Na reunião pedagógica semanal da escola, o coordenador apresentou algumas produções de texto dos alunos do 3.º ano do ensino fundamental para que o grupo de professores analisassem as melhores formas de intervenção. Com relação a essa situação hipotética e aos diversos aspectos a ela relacionados, assinale a opção correta.
- A)Este tipo de ação adotada pelo coordenador não é recomendado, pois expõe os erros das crianças.
Errada, porque analisar produções de alunos na formação docente é uma estratégia legítima e formativa, não uma exposição indevida quando feita com cuidado ético.
- B)Trabalhos coletivos como o adotado pelo coordenador não devem ser adotados na formação continuada do professor.
Errada, pois trabalhos coletivos e colaborativos são justamente muito usados na formação continuada para promover reflexão e troca de experiências.
- C)Como professor pedagogo, o coordenador deve ter todas as respostas para orientar as ações docentes.
Errada, porque o coordenador pedagógico não precisa ter todas as respostas; seu papel é mediar, provocar reflexão e organizar o trabalho coletivo.
- D)Nesse tipo de ação, só devem ser apresentados textos de excelência para não constranger os alunos.
Errada, porque a formação docente não deve se limitar a textos perfeitos, já que os erros também são fontes valiosas de diagnóstico e intervenção.

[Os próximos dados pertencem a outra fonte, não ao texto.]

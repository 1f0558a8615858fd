-- ===== src/Client/Reads.antt =====
-- What the reads of one object do: which call reaches the wrapped client, and for which kind.
use Prim.Native.Char.{Char}
use ducks.Prelude.{String, ◌≡◌, ◌≢◌, inl, inr, Bool, true, false, [], ◌∷◌, arith, length}
use ducks.Prelude.Exec.{Result, ok, err, outcome_cases, ◌>>=◌, pure}
use ducks.Schema.{Schema, GroupKind, GroupVersionKind}
use ducks.Conditions.{Conditions}
use ducks.Api.{Duck}
use ducks.Client.Wrapped.{Upstream, Object}
use ducks.Client.Select.{Ducks}
use ducks.Client.Lookup.{Finds, find_ducks-Finds}
use ducks.Client.{
  ClientError, unknown_duck, only_duck, then_read, Reply, lift_reply, versioned, find_ducks,
  find_duck, set_duck_version, get, track_and_get, group_version_kind_for,
}

module _ (s : Schema) (c : Conditions) (lower : Char → Char) (u : Upstream c.Status) where
  open u use {World, Error, Key, Content, Opts}

  abbrev kind_of : Object Content → GroupKind
  kind_of obj = record { group = obj.gvk.group; kind = obj.gvk.kind }

  -- An object under another version.
  abbrev pub at_version : Object Content → String → Object Content
  at_version obj version = record {
    gvk = record { group = obj.gvk.group; version = version; kind = obj.gvk.kind };
    content = obj.content;
  }

  -- An object under the kind that a call returns.
  abbrev under :
      Object Content
      → Result (ClientError Error) GroupVersionKind × World
      → Result (ClientError Error) (Object Content) × World
  under obj (ok gvk, w) = (ok (record obj { gvk = gvk }), w)
  under obj (err e, w) = (err e, w)

  -- The outcomes of a read of `obj`, where `read` is the wrapped client's.
  pub data ReadsAs (name : String) (obj : Object Content) (track : Bool) (w : World)
      (read : Object Content → World → Result Error Unit × Object Content × World)
      : Reply s c lower u → Type 0 where
    lookup_failed :
        {e : ClientError Error} {w₁ : World}
        → Finds s c lower u name (kind_of obj) track w (err e, w₁)
        → ReadsAs name obj track w read (err e, obj, w₁)
    not_one :
        {found : Ducks c} {w₁ : World}
        → Finds s c lower u name (kind_of obj) track w (ok found, w₁)
        → length found ≢ 1
        → ReadsAs name obj track w read (err unknown_duck, obj, w₁)
    routed :
        {d : Duck c.Status} {w₁ : World}
        → Finds s c lower u name (kind_of obj) track w (ok (d ∷ []), w₁)
        → ReadsAs name obj track w read
            (lift_reply s c lower u (read (at_version obj d.spec.version) w₁))

  -- The outcomes of `setDuckVersion`, from which those of the reads follow.
  data Versions (name : String) (obj : Object Content) (track : Bool) (w : World)
      : Result (ClientError Error) (Object Content) × World → Type 0 where
    lookup_failed :
        {e : ClientError Error} {w₁ : World}
        → Finds s c lower u name (kind_of obj) track w (err e, w₁)
        → Versions name obj track w (err e, w₁)
    not_one :
        {found : Ducks c} {w₁ : World}
        → Finds s c lower u name (kind_of obj) track w (ok found, w₁)
        → length found ≢ 1
        → Versions name obj track w (err unknown_duck, w₁)
    set :
        {d : Duck c.Status} {w₁ : World}
        → Finds s c lower u name (kind_of obj) track w (ok (d ∷ []), w₁)
        → Versions name obj track w (ok (at_version obj d.spec.version), w₁)

  module _ (name : String) (obj : Object Content) (track : Bool) (w : World) where
    finds :
        Finds s c lower u name
          (kind_of obj)
          track
          w
          (find_ducks s c lower u name (s.group_kind obj.gvk) track w)
    finds = rw (s.group_kind_lem obj.gvk) (find_ducks-Finds s c lower u name (kind_of obj) track w)

    one_found :
        (found : Ducks c) {w₁ : World}
        → Finds s c lower u name (kind_of obj) track w (ok found, w₁)
        → Versions name obj track w
            ((only_duck s c lower u found >>= λ d. pure (versioned s c lower u obj d)) w₁)
    one_found [] f = not_one f (omega arith)
    one_found (d ∷ []) f = set f
    one_found (d ∷ d' ∷ ds) f = not_one f (omega arith)

    set_duck_version-Versions :
        Versions name obj track w (set_duck_version s c lower u name obj track w)
    unfolding set_duck_version find_duck
    set_duck_version-Versions =
        elim (outcome_cases (find_ducks s c lower u name (s.group_kind obj.gvk) track w)) [
          | inr (e, w₁, failed) ↦ rw failed (lookup_failed (rw failed at finds))
          | inl (found, w₁, listed) ↦ rw listed (one_found found (rw listed at finds))
        ]

  module _ (name : String) (obj : Object Content) (track : Bool) (w : World)
      (read : Object Content → World → Result Error Unit × Object Content × World) where
    then_read-ReadsAs :
        (r : Result (ClientError Error) (Object Content) × World)
        → Versions name obj track w r
        → ReadsAs name obj track w read (then_read s c lower u obj r read)
    then_read-ReadsAs r (Versions.lookup_failed f) = ReadsAs.lookup_failed f
    then_read-ReadsAs r (Versions.not_one f h) = ReadsAs.not_one f h
    then_read-ReadsAs r (set f) = routed f

  module _ (name : String) (key : Key) (opts : Opts) (obj : Object Content) (w : World) where
    -- `Get` looks its kind up without tracking. It reads the object under the version of the one
    -- wanted duck, and in every other case returns an error and leaves the object as it was.
    -- `TrackAndGet` does the same with the tracking lookup and the tracking read.
    pub get-ReadsAs :
        ReadsAs name obj false w (u.get key opts) (get s c lower u name key opts obj w)
        × ReadsAs name obj true w
            (u.track_and_get key opts)
            (track_and_get s c lower u name key opts obj w)
    unfolding get track_and_get
    get-ReadsAs = (
      then_read-ReadsAs name obj false w (u.get key opts) _
          (set_duck_version-Versions name obj false w),
      then_read-ReadsAs name obj true w (u.track_and_get key opts) _
          (set_duck_version-Versions name obj true w),
    )

    -- `GroupVersionKindFor` reports the kind under which `Get` reads: a `Get` is a read of the
    -- object under the kind that it reports, from the world that it leaves; where it fails, `Get`
    -- fails with the same error and leaves the object as it was.
    get-group_version_kind_for :
        get s c lower u name key opts obj w
        ≡ then_read s c lower u obj
            (under obj (group_version_kind_for s c lower u name obj w))
            (u.get key opts)
    unfolding get group_version_kind_for set_duck_version
    get-group_version_kind_for =
        elim (outcome_cases (find_duck s c lower u name (s.group_kind obj.gvk) false w)) [
          | inr (e, w₁, failed) ↦ rw failed
          | inl (d, w₁, one) ↦ rw one
        ]

  -- The version that an object comes with plays no part: the lookup finds the same, and replaces it.
  pub set_duck_version-at_version :
      (name : String) (obj : Object Content) (version : String) (track : Bool) (w : World)
      → set_duck_version s c lower u name (at_version obj version) track w
        ≡ set_duck_version s c lower u name obj track w
  unfolding set_duck_version
  set_duck_version-at_version name obj version track w =
      rw (s.group_kind_lem obj.gvk, s.group_kind_lem (at_version obj version).gvk)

- E)Exemplos concretos e a troca de ideias, como ocorrido na situação em questão, contribuem para o trabalho formativo do professor.
Certa, porque o uso de situações concretas e a troca de ideias favorecem a análise pedagógica e tornam a formação mais efetiva.
Gabarito: E
A formação continuada do professor ganha força quando sai do abstrato e vai para a sala de aula real. Quando o coordenador traz produções dos alunos para análise coletiva, ele cria uma oportunidade concreta de reflexão: o grupo observa como os estudantes pensam, escrevem, erram e avançam, e disso nasce uma intervenção mais precisa. É o famoso "olhar o que acontece de verdade", em vez de trabalhar só com teoria bonita na parede. Esse tipo de situação combina com uma visão formativa da coordenação pedagógica, que atua como articuladora do trabalho docente. A ideia não é expor alunos, mas analisar produções como objetos de estudo pedagógico, com foco no processo de aprendizagem e na melhoria das práticas de ensino. O que importa aqui é a ética do uso do material: preservar a identificação dos estudantes e usar os textos para promover reflexão profissional. Por isso, a alternativa E está correta: exemplos concretos e a troca de ideias fortalecem o trabalho formativo do professor, porque ajudam o grupo a diagnosticar dificuldades, comparar estratégias e planejar intervenções mais eficazes. Em termos de orientação geral da LDB (Lei 9.394/1996), a escola deve articular teoria e prática e promover o aperfeiçoamento profissional continuado, o que combina perfeitamente com essa dinâmica colaborativa. As demais opções tropeçam numa visão distorcida: tratam o erro como algo proibido, a formação como individual e solitária, ou o coordenador como se fosse um "enciclopédia ambulante". Na prática pedagógica, ninguém precisa saber tudo para mediar boas discussões; precisa saber perguntar, analisar e conduzir o grupo a pensar melhor.